Stored data:
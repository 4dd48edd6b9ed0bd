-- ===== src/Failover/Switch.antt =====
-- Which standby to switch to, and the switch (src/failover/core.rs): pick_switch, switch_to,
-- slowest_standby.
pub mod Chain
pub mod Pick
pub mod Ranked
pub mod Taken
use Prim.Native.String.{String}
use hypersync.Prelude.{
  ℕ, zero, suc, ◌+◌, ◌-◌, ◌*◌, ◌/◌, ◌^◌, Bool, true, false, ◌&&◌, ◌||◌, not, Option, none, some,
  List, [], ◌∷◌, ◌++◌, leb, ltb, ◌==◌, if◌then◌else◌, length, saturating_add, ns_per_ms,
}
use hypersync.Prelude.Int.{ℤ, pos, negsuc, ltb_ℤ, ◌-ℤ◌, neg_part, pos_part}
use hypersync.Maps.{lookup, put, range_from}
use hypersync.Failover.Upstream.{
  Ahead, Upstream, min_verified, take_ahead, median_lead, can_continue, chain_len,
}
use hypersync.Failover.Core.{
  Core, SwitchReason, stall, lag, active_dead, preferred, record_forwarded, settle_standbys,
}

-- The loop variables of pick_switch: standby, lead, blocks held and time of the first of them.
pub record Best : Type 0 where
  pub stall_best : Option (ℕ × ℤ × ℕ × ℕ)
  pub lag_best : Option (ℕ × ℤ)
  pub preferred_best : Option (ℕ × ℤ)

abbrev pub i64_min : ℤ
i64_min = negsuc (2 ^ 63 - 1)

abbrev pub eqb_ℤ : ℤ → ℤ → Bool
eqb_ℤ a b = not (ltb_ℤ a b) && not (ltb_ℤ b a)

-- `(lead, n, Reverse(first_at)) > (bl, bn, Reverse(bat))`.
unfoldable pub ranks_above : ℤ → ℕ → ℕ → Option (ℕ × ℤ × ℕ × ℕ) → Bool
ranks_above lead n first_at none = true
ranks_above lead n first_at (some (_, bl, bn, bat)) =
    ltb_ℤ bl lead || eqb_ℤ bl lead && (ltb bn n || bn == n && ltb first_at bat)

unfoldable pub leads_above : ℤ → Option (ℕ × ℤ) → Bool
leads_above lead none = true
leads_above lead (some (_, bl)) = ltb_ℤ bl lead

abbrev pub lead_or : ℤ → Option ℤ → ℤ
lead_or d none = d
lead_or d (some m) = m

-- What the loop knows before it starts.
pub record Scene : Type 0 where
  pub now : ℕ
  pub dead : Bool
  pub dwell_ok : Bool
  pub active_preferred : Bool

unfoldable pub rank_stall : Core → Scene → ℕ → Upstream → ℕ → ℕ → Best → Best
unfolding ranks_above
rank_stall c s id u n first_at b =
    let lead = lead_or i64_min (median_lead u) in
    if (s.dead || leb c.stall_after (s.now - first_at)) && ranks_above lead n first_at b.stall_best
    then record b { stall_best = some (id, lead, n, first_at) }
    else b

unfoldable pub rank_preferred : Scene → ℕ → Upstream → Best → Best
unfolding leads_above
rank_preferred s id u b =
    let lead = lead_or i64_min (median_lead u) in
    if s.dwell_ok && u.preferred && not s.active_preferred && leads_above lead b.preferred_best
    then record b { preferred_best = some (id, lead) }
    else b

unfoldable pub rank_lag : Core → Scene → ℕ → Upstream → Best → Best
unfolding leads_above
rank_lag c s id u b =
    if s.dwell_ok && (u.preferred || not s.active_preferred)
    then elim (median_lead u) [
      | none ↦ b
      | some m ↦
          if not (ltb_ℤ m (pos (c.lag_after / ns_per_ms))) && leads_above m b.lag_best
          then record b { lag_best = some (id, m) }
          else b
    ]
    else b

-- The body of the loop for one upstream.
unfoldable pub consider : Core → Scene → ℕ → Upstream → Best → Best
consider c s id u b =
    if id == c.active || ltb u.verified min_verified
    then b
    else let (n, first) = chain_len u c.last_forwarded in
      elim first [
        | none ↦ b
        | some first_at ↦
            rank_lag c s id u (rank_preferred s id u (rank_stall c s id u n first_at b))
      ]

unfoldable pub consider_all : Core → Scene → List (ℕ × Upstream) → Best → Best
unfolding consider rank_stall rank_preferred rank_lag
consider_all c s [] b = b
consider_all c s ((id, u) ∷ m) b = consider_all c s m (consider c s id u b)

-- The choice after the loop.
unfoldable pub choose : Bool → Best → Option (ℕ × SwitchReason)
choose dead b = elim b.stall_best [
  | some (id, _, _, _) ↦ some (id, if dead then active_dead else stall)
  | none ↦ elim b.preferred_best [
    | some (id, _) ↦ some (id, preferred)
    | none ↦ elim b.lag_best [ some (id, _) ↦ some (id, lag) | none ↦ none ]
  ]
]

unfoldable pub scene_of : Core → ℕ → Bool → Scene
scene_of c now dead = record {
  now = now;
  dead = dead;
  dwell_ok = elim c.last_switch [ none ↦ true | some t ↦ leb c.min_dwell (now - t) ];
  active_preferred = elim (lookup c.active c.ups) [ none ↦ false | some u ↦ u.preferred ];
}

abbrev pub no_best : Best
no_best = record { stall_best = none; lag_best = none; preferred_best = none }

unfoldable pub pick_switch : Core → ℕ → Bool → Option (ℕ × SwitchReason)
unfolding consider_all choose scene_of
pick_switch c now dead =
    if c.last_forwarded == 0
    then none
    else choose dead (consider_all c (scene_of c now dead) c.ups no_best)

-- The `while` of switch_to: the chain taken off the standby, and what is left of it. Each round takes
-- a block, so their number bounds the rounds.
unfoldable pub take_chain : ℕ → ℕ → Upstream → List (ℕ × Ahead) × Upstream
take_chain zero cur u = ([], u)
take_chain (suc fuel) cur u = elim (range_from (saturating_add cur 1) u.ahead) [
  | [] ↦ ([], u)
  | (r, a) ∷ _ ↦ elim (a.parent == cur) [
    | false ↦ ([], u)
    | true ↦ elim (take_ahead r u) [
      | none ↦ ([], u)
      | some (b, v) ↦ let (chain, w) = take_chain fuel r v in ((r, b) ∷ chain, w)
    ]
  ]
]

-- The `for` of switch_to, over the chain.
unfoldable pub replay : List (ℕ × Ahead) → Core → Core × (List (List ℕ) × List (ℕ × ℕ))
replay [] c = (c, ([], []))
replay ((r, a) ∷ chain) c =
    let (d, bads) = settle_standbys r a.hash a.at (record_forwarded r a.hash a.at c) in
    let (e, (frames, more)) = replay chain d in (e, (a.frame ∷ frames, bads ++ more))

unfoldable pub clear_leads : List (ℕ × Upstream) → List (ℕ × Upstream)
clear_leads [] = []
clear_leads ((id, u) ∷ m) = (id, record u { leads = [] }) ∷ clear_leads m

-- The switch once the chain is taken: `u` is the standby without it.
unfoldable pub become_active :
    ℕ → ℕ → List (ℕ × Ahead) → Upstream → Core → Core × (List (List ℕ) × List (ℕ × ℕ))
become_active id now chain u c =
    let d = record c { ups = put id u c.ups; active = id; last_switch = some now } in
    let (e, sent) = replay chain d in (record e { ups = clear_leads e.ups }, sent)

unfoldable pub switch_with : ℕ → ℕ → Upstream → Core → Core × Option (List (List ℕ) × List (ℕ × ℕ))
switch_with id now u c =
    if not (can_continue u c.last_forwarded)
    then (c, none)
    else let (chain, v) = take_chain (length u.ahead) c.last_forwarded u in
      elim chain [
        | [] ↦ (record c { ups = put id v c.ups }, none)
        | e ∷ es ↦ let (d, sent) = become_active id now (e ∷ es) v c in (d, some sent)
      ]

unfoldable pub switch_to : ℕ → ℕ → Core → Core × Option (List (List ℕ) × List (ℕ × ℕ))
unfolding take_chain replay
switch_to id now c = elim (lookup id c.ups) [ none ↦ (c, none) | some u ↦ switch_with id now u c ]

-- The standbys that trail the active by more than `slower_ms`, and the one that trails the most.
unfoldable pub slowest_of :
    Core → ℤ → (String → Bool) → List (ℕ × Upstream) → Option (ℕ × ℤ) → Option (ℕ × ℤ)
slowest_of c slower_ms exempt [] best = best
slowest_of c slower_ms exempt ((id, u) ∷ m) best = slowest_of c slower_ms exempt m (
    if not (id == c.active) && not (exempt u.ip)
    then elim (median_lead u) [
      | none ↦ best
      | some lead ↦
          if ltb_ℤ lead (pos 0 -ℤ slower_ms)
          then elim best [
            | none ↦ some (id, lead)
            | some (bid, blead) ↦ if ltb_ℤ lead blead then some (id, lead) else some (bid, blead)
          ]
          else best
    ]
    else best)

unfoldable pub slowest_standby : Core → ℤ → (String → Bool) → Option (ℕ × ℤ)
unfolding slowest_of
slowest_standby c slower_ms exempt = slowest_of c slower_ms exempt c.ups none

▶ [WHAT TO DO]: Would you please reproduce the records above exactly, only from their first line through the line holding "unfoldable pub ranks_above", with both ends included?

▶ [RESPONSE TO THIS EXERCISE]:
repository 4dd48edd6b9ed0bd
-- ===== src/Failover/Switch.antt =====
-- Which standby to switch to, and the switch (src/failover/core.rs): pick_switch, switch_to,
-- slowest_standby.
pub mod Chain
pub mod Pick
pub mod Ranked
pub mod Taken
use Prim.Native.String.{String}
use hypersync.Prelude.{
  ℕ, zero, suc, ◌+◌, ◌-◌, ◌*◌, ◌/◌, ◌^◌, Bool, true, false, ◌&&◌, ◌||◌, not, Option, none, some,
  List, [], ◌∷◌, ◌++◌, leb, ltb, ◌==◌, if◌then◌else◌, length, saturating_add, ns_per_ms,
}
use hypersync.Prelude.Int.{ℤ, pos, negsuc, ltb_ℤ, ◌-ℤ◌, neg_part, pos_part}
use hypersync.Maps.{lookup, put, range_from}
use hypersync.Failover.Upstream.{
  Ahead, Upstream, min_verified, take_ahead, median_lead, can_continue, chain_len,
}
use hypersync.Failover.Core.{
  Core, SwitchReason, stall, lag, active_dead, preferred, record_forwarded, settle_standbys,
}

-- The loop variables of pick_switch: standby, lead, blocks held and time of the first of them.
pub record Best : Type 0 where
  pub stall_best : Option (ℕ × ℤ × ℕ × ℕ)
  pub lag_best : Option (ℕ × ℤ)
  pub preferred_best : Option (ℕ × ℤ)

abbrev pub i64_min : ℤ
i64_min = negsuc (2 ^ 63 - 1)

abbrev pub eqb_ℤ : ℤ → ℤ → Bool
eqb_ℤ a b = not (ltb_ℤ a b) && not (ltb_ℤ b a)

-- `(lead, n, Reverse(first_at)) > (bl, bn, Reverse(bat))`.
unfoldable pub ranks_above : ℤ → ℕ → ℕ → Option (ℕ × ℤ × ℕ × ℕ) → Bool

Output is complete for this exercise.